Data entries:
____
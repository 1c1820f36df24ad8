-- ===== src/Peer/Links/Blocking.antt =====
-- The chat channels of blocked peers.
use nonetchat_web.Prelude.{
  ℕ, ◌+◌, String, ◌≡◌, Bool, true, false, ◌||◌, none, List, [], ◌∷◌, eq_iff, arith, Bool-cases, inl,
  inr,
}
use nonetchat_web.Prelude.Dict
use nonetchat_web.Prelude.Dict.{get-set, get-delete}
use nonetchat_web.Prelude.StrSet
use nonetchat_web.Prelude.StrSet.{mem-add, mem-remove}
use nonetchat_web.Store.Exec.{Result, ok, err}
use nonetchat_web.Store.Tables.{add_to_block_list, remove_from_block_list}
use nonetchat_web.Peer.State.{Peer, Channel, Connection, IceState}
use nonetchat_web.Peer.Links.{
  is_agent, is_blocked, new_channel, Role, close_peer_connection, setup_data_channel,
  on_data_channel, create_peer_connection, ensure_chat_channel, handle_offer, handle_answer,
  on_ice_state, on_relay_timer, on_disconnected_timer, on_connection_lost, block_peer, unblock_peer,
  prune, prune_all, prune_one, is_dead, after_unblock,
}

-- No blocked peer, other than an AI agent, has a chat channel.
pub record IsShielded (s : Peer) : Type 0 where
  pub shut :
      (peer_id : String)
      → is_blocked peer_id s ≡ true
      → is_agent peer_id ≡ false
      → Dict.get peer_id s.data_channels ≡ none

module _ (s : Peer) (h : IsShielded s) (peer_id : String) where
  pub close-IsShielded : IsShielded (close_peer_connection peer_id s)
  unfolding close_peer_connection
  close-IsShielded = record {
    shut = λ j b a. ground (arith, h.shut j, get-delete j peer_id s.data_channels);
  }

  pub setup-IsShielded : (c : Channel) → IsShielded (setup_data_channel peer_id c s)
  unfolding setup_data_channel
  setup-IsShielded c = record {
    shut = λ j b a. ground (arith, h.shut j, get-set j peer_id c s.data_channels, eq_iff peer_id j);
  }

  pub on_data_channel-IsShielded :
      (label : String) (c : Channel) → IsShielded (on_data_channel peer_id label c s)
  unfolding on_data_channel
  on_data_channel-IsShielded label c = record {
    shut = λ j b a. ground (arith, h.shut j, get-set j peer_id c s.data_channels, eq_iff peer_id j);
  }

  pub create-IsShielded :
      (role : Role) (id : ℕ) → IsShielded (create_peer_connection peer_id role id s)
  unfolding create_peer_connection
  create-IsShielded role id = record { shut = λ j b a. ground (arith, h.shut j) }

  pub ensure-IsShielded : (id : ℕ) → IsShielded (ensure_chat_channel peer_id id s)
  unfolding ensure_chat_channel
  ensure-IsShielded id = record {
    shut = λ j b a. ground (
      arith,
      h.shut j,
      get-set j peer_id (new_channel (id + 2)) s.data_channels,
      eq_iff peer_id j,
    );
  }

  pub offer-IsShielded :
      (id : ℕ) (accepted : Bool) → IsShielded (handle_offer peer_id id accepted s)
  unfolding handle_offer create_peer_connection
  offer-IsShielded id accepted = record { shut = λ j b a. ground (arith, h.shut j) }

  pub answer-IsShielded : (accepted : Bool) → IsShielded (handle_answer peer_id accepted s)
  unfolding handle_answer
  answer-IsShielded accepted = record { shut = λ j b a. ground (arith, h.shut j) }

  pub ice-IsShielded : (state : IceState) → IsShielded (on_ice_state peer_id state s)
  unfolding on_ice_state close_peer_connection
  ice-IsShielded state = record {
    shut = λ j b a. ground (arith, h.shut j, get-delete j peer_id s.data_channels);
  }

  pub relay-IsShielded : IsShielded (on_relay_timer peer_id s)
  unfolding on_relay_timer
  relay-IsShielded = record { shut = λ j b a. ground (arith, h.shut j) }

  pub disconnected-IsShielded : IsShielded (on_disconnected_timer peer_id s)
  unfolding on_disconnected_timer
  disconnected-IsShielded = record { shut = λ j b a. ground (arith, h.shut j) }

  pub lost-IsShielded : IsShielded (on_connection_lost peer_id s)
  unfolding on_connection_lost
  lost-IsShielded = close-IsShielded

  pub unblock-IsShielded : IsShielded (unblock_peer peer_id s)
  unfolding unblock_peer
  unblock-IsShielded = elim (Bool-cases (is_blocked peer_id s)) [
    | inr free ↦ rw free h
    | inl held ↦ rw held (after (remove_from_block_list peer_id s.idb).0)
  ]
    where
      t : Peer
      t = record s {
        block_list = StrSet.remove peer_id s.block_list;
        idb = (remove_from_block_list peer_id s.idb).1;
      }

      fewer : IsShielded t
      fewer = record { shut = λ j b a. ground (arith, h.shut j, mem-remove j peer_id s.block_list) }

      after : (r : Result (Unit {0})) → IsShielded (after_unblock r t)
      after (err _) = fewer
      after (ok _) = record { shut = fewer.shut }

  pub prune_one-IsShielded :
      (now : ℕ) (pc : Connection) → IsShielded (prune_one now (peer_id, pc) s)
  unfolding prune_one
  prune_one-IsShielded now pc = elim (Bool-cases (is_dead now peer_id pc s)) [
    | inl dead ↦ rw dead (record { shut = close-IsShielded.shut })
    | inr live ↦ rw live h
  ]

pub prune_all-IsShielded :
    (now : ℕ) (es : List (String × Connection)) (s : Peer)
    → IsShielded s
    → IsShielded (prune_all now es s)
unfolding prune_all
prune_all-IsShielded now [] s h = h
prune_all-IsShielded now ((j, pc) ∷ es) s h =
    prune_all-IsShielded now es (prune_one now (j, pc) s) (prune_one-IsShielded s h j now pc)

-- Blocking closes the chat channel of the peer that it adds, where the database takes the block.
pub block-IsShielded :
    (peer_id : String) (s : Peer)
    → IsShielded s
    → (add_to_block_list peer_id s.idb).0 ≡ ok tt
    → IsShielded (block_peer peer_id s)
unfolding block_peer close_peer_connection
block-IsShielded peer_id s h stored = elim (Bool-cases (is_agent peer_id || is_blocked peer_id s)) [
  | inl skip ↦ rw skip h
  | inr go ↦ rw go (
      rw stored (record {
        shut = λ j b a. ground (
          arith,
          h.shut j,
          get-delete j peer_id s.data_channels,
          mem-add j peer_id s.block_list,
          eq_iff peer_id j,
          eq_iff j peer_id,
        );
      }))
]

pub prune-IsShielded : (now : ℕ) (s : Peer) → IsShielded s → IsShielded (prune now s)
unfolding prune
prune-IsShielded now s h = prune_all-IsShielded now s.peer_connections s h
____
**Work required:** Copy each line of the preceding data that contains the string "false".

**Reply:**
  ℕ, ◌+◌, String, ◌≡◌, Bool, true, false, ◌||◌, none, List, [], ◌∷◌, eq_iff, arith, Bool-cases, inl,
      → is_agent peer_id ≡ false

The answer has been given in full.